It would be no different than putting pro gun stickers all over your vehicle. I plan to hide in plain sight and not advertise a thing.


----------



## pheniox17 (Dec 12, 2013)

so far its all about been identified as a group 

no one has even conveyed that all a "prepper patch" will convey/mean is that 

"I seen this coming and I survived till now"


----------



## Innkeeper (Jun 18, 2014)

Pir8fan said:


> It would be no different than putting pro gun stickers all over your vehicle. I plan to hide in plain sight and not advertise a thing.


Hey I do have a Veteran plate on my Jeep, but then anyone with a jeep is suspect anyhow.


----------



## big paul (Jul 14, 2014)

Slippy said:


> Big Paul,
> 
> I've been reading your posts and you are most certainly a lone wolf type. Just curious, do you see Great Britain as the haven for islam that we perceive it to be?
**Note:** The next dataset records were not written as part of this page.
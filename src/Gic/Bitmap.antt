-- ===== src/Gic/Bitmap.antt =====
-- Arrays of 32-bit registers with one bit per interrupt: one bit is written, the others stay.
use mini_visor_real_device.Base.{
  ℕ, zero, suc, ◌*◌, ◌^◌, ◌/◌, ◌%◌, ◌<◌, ◌≤◌, ◌≡◌, ◌∙◌, arith, Bool, true, false, List, [], ◌∷◌,
  some, none, ◌==◌, inl, inr, Bool-cases, Option-cases, ◌≤◌, if◌then◌else◌, done, set, length,
  length-set, get_elem?, get_elem?-set, get_elem?-some, lt_of_get_elem?, bit_not, ◌<<<◌, test_bit,
  bit_and_test, bit_or_test, bit_not_test, pow_test, shift_test, test_bit-le, bit_and-lt, bit_or-lt,
}
use native.Mathlib.Nat.{pow-le-pow_right, pow-suc, one-le-pow}
use mini_visor_real_device.Gic.Common.{set_bit, modify}
use mini_visor_real_device.Gic.Distributor.{bit_of}

abbrev pub AllWords : List ℕ → Type 0
AllWords [] = Unit {0}
AllWords (x ∷ xs) = (x < 2 ^ 32) × AllWords xs

-- `n` registers of 32 bits
pub record IsBank (n : ℕ) (regs : List ℕ) : Type 0 where
  pub size : length regs ≡ n
  pub words : AllWords regs

pub AllWords-get :
    (xs : List ℕ) (i : ℕ) {x : ℕ} → AllWords xs → get_elem? xs i ≡ some x → x < 2 ^ 32
AllWords-get [] i h e = cc
AllWords-get (y ∷ ys) zero h e = ground (arith, h.0)
AllWords-get (y ∷ ys) (suc i) h e = AllWords-get ys i h.1 e

pub AllWords-set : (xs : List ℕ) (i v : ℕ) → AllWords xs → v < 2 ^ 32 → AllWords (set xs i v)
AllWords-set [] i v h lt = tt
AllWords-set (x ∷ xs) zero v h lt = (lt, h.1)
AllWords-set (x ∷ xs) (suc i) v h lt = (h.0, AllWords-set xs i v h.1 lt)

pow-lt-word : (k : ℕ) → k < 32 → 2 ^ k < 2 ^ 32
pow-lt-word k h =
    let up : 2 ^ suc k ≤ 2 ^ 32 = pow-le-pow_right (omega arith) h in
    let pos : 1 ≤ 2 ^ k = one-le-pow k 2 (omega arith) in omega (arith, pow-suc 2 k)

pub set_bit-lt : (b : Bool) (k x : ℕ) → k < 32 → x < 2 ^ 32 → set_bit b k x < 2 ^ 32
set_bit-lt true k x h lt = bit_or-lt 32 x (1 <<< k) lt (omega (arith, pow-lt-word k))
set_bit-lt false k x h lt = bit_and-lt 32 x (bit_not 32 (1 <<< k)) lt

abbrev pub bit : Bool → ℕ
bit b = if b then 1 else 0

pub set_bit-test :
    (b : Bool) (k j x : ℕ)
    → k < 32
    → j < 32
    → x < 2 ^ 32
    → test_bit (set_bit b k x) j ≡ (if k == j then bit b else test_bit x j)
set_bit-test true k j x hk hj lt =
    let e : 1 <<< k ≡ 2 ^ k = omega arith in
    rw e (ground (arith, bit_or_test j x (2 ^ k), pow_test k j, test_bit-le x j))
set_bit-test false k j x hk hj lt =
    let e : 1 <<< k ≡ 2 ^ k = omega arith in
    rw e (
      ground (
        arith,
        bit_and_test j x (bit_not 32 (2 ^ k)),
        bit_not_test 32 j (2 ^ k),
        pow-lt-word k,
        pow_test k j,
        test_bit-le x j,
      ))

-- The bit of an interrupt in an array of registers.
unfoldable pub bank_bit : List ℕ → ℕ → ℕ
bank_bit regs i = elim (get_elem? regs (i / 32)) [ none ↦ 0 | some r ↦ test_bit r (i % 32) ]

module _ (regs : List ℕ) (i r : ℕ) (e : get_elem? regs (i / 32) ≡ some r) where
  bank_bit-some : bank_bit regs i ≡ test_bit r (i % 32)
  unfolding bank_bit
  bank_bit-some = rw (e, bank_bit)

  bit_of-some : bit_of regs i ≡ done (bank_bit regs i)
  bit_of-some = rw (e, bank_bit-some, shift_test (i % 32) r)

  bank_bit-set :
      (b : Bool) (j : ℕ)
      → r < 2 ^ 32
      → bank_bit (set regs (i / 32) (set_bit b (i % 32) r)) j
        ≡ (if i == j then bit b else bank_bit regs j)
  unfolding bank_bit
  bank_bit-set b j small =
      let at =
        get_elem?-set regs (i / 32) (j / 32) (set_bit b (i % 32) r)
          (lt_of_get_elem? regs (i / 32) e) in
      elim (Bool-cases (i / 32 == j / 32)) [
        | inl same ↦
            let here : i / 32 ≡ j / 32 = ground arith in
            let there : get_elem? regs (j / 32) ≡ some r = rw here at e in
            rw
              (
                at,
                same,
                there,
                bank_bit,
                set_bit-test b (i % 32) (j % 32) r (omega arith) (omega arith) small,
              )
              (ground arith)
        | inr other ↦ rw (at, other, bank_bit) (ground arith)
      ]

pub bit_of-done :
    {n : ℕ} (regs : List ℕ) (i : ℕ)
    → IsBank n regs
    → i < 32 * n
    → bit_of regs i ≡ done (bank_bit regs i)
bit_of-done regs i bank lt =
    let (r, e) = get_elem?-some regs (i / 32) (omega (arith, bank.size)) in bit_of-some regs i r e

-- What a write of one bit leaves behind.
pub record SetBit (n : ℕ) (regs : List ℕ) (i : ℕ) (b : Bool) : Type 0 where
  pub regs' : List ℕ
  pub runs : modify regs (i / 32) (set_bit b (i % 32)) ≡ done regs'
  pub bank : IsBank n regs'
  pub bits : (j : ℕ) → bank_bit regs' j ≡ (if i == j then bit b else bank_bit regs j)

modify-some :
    {n : ℕ} (regs : List ℕ) (i : ℕ) (b : Bool) (r : ℕ)
    → IsBank n regs
    → get_elem? regs (i / 32) ≡ some r
    → SetBit n regs i b
modify-some {n} regs i b r bank e =
    let small : r < 2 ^ 32 = AllWords-get regs (i / 32) bank.words e in
    let v : ℕ = set_bit b (i % 32) r in
    record {
      regs' = set regs (i / 32) v;
      runs = rw e;
      bank = record {
        size = length-set regs (i / 32) v ∙ bank.size;
        words =
            AllWords-set regs (i / 32) v bank.words (set_bit-lt b (i % 32) r (omega arith) small);
      };
      bits = λ j. bank_bit-set regs i r e b j small;
    }

pub modify-SetBit :
    {n : ℕ} (regs : List ℕ) (i : ℕ) (b : Bool) → IsBank n regs → i < 32 * n → SetBit n regs i b
modify-SetBit regs i b bank lt =
    let (r, e) = get_elem?-some regs (i / 32) (omega (arith, bank.size)) in
    modify-some regs i b r bank e

pub bank_bit-le : (regs : List ℕ) (i : ℕ) → bank_bit regs i ≤ 1
unfolding bank_bit
bank_bit-le regs i = elim (Option-cases (get_elem? regs (i / 32))) [
  | inl e ↦ rw (e, bank_bit) (omega arith)
  | inr (r, e) ↦ rw (e, bank_bit) (test_bit-le r (i % 32))
]
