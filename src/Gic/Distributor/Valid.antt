-- ===== src/Gic/Distributor/Valid.antt =====
-- GicDistributorMmio of src/mmio/gicv3.rs: the sizes of its register arrays, and what its accessors
-- return for an interrupt that the arrays have room for.
use mini_visor_real_device.Base.{
  ℕ, suc, ◌*◌, ◌^◌, ◌/◌, ◌%◌, ◌<◌, ◌≡◌, arith, bit_and, List, ◌!=◌, ◌>>>◌, done, index, length,
  get_elem?-some, length-replicate, replicate, bit_and_mask,
}
use mini_visor_real_device.Gic.Bitmap.{AllWords, IsBank, bank_bit, bit_of-done}
use mini_visor_real_device.Gic.Distributor.{
  Distributor, new, get_enable, get_pending, get_group, get_group_modifier, get_priority,
  get_router,
}

-- The arrays have the lengths of the source's types, and their entries fit.
pub record IsValid (d : Distributor) : Type 0 where
  pub ctlr : d.ctlr < 2 ^ 32
  pub group : IsBank 32 d.group
  pub enable : IsBank 32 d.enable
  pub pending : IsBank 32 d.pending
  pub active : IsBank 32 d.active
  pub priority : IsBank 255 d.priority
  pub configuration : IsBank 64 d.configuration
  pub group_modifier : IsBank 32 d.group_modifier
  pub router : length d.router ≡ 1020

AllWords-replicate : (n a : ℕ) → a < 2 ^ 32 → AllWords (replicate n a)
AllWords-replicate Prim.Native.Nat.zero a h = tt
AllWords-replicate (suc n) a h = (h, AllWords-replicate n a h)

pub IsBank-replicate : (n a : ℕ) → a < 2 ^ 32 → IsBank n (replicate n a)
IsBank-replicate n a h = record { size = length-replicate n a; words = AllWords-replicate n a h }

-- A new distributor is well formed.
pub new-IsValid : IsValid new
unfolding new
new-IsValid = record {
  ctlr = omega arith;
  group = IsBank-replicate 32 0 (omega arith);
  enable = IsBank-replicate 32 0 (omega arith);
  pending = IsBank-replicate 32 0 (omega arith);
  active = IsBank-replicate 32 0 (omega arith);
  priority = IsBank-replicate 255 0 (omega arith);
  configuration = IsBank-replicate 64 0 (omega arith);
  group_modifier = IsBank-replicate 32 0 (omega arith);
  router = length-replicate {A = ℕ} 1020 0;
}

pub index_some {ℓ} :
    {A : Type ℓ} (xs : List A) (i : ℕ) → i < length xs → (v : A) × (index xs i ≡ done v)
index_some xs i h = let (v, e) = get_elem?-some xs i h in (v, rw e)

module _ {d : Distributor} (valid : IsValid d) (i : ℕ) where
  pub get_enable-done : i < 1024 → get_enable d i ≡ done (bank_bit d.enable i != 0)
  unfolding get_enable
  get_enable-done lt = rw (bit_of-done d.enable i valid.enable (omega arith))

  pub get_pending-done : i < 1024 → get_pending d i ≡ done (bank_bit d.pending i != 0)
  unfolding get_pending
  get_pending-done lt = rw (bit_of-done d.pending i valid.pending (omega arith))

  pub get_group-done : i < 1024 → get_group d i ≡ done (bank_bit d.group i)
  unfolding get_group
  get_group-done lt = bit_of-done d.group i valid.group (omega arith)

  pub get_group_modifier-done :
      i < 1024 → get_group_modifier d i ≡ done (bank_bit d.group_modifier i)
  unfolding get_group_modifier
  get_group_modifier-done lt = bit_of-done d.group_modifier i valid.group_modifier (omega arith)

  pub get_priority-done : i < 1020 → (p : ℕ) × (get_priority d i ≡ done p) × (p < 256)
  unfolding get_priority
  get_priority-done lt =
      let (r, e) = index_some d.priority (i / 4) (omega (arith, valid.priority.size)) in
      (bit_and (r >>> (i % 4 * 8)) 0xff, rw e, omega (arith, bit_and_mask 8 (r >>> (i % 4 * 8))))

  pub get_router-done : i < 1020 → (r : ℕ) × (get_router d i ≡ done r)
  unfolding get_router
  get_router-done lt = index_some d.router i (omega (arith, valid.router))
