-- ===== src/Gic/Redistributor.antt =====
-- GicRedistributorMmio of src/mmio/gicv3.rs: the registers of one virtual CPU's redistributor. An
-- interrupt is one of the 32 private ones; the source shifts a u32 by its number.
pub mod Mmio
pub mod Trigger
pub mod Access
use mini_visor_real_device.Base.{
  ℕ, zero, suc, ◌-◌, ◌*◌, ◌^◌, ◌+◌, ◌/◌, ◌%◌, bit_and, bit_or, Bool, true, false, ◌&&◌, List, [],
  ◌∷◌, ◌++◌, ◌!=◌, ◌==◌, ltb, leb, if◌then◌else◌, Exec, done, panic, ◌>>=◌, index, bit_not, ◌<<<◌,
  ◌>>>◌, Option, replicate, not,
}
use mini_visor_real_device.Cpu.{Cpu, mpidr_to_affinity}
use mini_visor_real_device.Vgic.{create_list_register_entry, add_virtual_interrupt}
use mini_visor_real_device.Gic.Common.{set_bit, Affinity, affinity, send_sgi}

pub record Redistributor : Type 0 where
  pub affinity_value : ℕ
  pub ctlr : ℕ
  pub waker : ℕ
  pub group : ℕ
  pub enable : ℕ
  pub pending : ℕ
  pub active : ℕ
  pub priority : List ℕ
  pub configuration : List ℕ
  pub group_modifier : ℕ
  pub to_inject_interrupt : List ℕ

abbrev pub gicr_typer_last : ℕ
gicr_typer_last = 1 <<< 4

abbrev pub gicr_waker_children_asleep : ℕ
gicr_waker_children_asleep = 1 <<< 2

abbrev pub gicr_waker_processor_sleep : ℕ
gicr_waker_processor_sleep = 1 <<< 1

unfoldable pub new : ℕ → Redistributor
unfolding mpidr_to_affinity
new mpidr_el1 = record {
  affinity_value = mpidr_to_affinity mpidr_el1;
  ctlr = 0;
  waker = gicr_waker_children_asleep;
  group = 0;
  enable = 0;
  pending = 0;
  active = 0;
  priority = replicate 8 0;
  configuration = replicate 2 0;
  group_modifier = 0;
  to_inject_interrupt = [];
}

unfoldable pub generate_typer : Redistributor → ℕ
unfolding affinity
generate_typer r =
    let a = affinity r.affinity_value in
    bit_or
      (bit_or (bit_or (bit_or gicr_typer_last (a.aff0 <<< 32)) (a.aff1 <<< 40)) (a.aff2 <<< 48))
      (a.aff3 <<< 56)

unfoldable pub get_group : Redistributor → ℕ → ℕ
get_group r int_id = bit_and (r.group >>> int_id) 0b1

unfoldable pub get_enable : Redistributor → ℕ → Bool
get_enable r int_id = bit_and (r.enable >>> int_id) 1 != 0

unfoldable pub get_pending : Redistributor → ℕ → Bool
get_pending r int_id = bit_and (r.pending >>> int_id) 1 != 0

unfoldable pub change_pending_status : Redistributor → ℕ → Bool → Redistributor
change_pending_status r int_id is_pending = record r {
  pending = set_bit is_pending int_id r.pending;
}

unfoldable pub change_active_status : Redistributor → ℕ → Bool → Redistributor
change_active_status r int_id is_active = record r { active = set_bit is_active int_id r.active }

unfoldable pub get_priority : Redistributor → ℕ → Exec ℕ
get_priority r int_id = do
  word ← index r.priority (int_id / 4)
  done (bit_and (word >>> (int_id % 4 * 8)) 0xFF)

unfoldable pub get_group_modifier : Redistributor → ℕ → ℕ
get_group_modifier r int_id = bit_and (r.group_modifier >>> int_id) 0b1

-- The end of trigger_interrupt: to a list register of this CPU, or queued for the other one.
unfoldable pub deliver : Redistributor → Cpu → ℕ → Exec (Redistributor × Cpu)
deliver r cpu list_entry =
    if r.affinity_value == mpidr_to_affinity cpu.mpidr_el1
    then done (r, add_virtual_interrupt list_entry cpu)
    else (do
      cpu' ← send_sgi (affinity r.affinity_value) cpu
      done (record r { to_inject_interrupt = r.to_inject_interrupt ++ list_entry ∷ [] }, cpu'))

unfoldable pub trigger_interrupt : Redistributor → Cpu → ℕ → Option ℕ → Exec (Redistributor × Cpu)
unfolding change_pending_status get_enable get_group_modifier get_group get_priority deliver
trigger_interrupt r cpu int_id physical_int_id =
    if bit_and r.waker gicr_waker_children_asleep != 0
    then done (r, cpu)
    else let r' = change_pending_status r int_id true in
      if not (get_enable r' int_id)
      then done (r', cpu)
      else if get_group_modifier r' int_id == 1
      then done (r', cpu)
      else do
        let group = get_group r' int_id
        priority ← get_priority r' int_id
        deliver r' cpu (create_list_register_entry int_id group priority physical_int_id)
Is that one reason that you strive for preparedness?
> Thanks


yes, this is the main reason I became a survivalist..after 9/11 and our own 7/7(the London bus and tube bombings), Islam is becoming a right pain in the arse(or butt as you say) and not just for terrorists but for ordinary life....a lady in a London Tesco supermarket was refused service by a muslim till operator(she had bought some ham and wine) because he was fasting for Ramadam!! luckily for me I am hundreds of miles from any big city and don't have an muslims in my area, we have Romanians on the south coast where I used to live but as I say my area is mostly White English people( a few Vietnamese "boat people" who came over in the 70s and who are more local now than some of the locals)...


----------



## pheniox17 (Dec 12, 2013)

big paul said:


> yes, this is the main reason I became a survivalist..after 9/11 and our own 7/7(the London bus and tube bombings), Islam is becoming a right pain in the arse(or butt as you say) and not just for terrorists but for ordinary life....a lady in a London Tesco supermarket was refused service by a muslim till operator(she had bought some ham and wine) because he was fasting for Ramadam!! luckily for me I am hundreds of miles from any big city and don't have an muslims in my area, we have Romanians on the south coast where I used to live but as I say my area is mostly White English people( a few Vietnamese "boat people" who came over in the 70s and who are more local now than some of the locals)...


I like your signature

we are having similar issues in the great penal colony... but every time they do a halal/anti ham/anti booze campaign... the business gets randsacked and goes under through "equal opportunities/anti halal" protests and forgotten....


----------



## jimLE (Feb 8, 2014)

*i have nothing against a prepper patch..but yet i WON'T go with one that's well known as a prepper patch.simply because way to many non preppers know them.and i dont want a non prepper know that im a prepper..best idea i've come up with so far.is to sit down with known preppers.and see if a prepper patch of some sort can be agreed on..then each person can improve on it,in their own way within a certain leanth of time.then meet up again.then choose the best one(s).then go from there on what to go with.then have a certain amount of prepper patchs made up by someone who can be trusted to keeep mouth quite about it..*


----------



## big paul (Jul 14, 2014)

I was on a certain British prepper forum some time ago, they were talking about having t shirts with the logo and the word "prepper" on it, I said something to the effect that this was drawing attention to us and "what happened to being a GREY MAN?!" next time I went on I was banned!!!:lol:


----------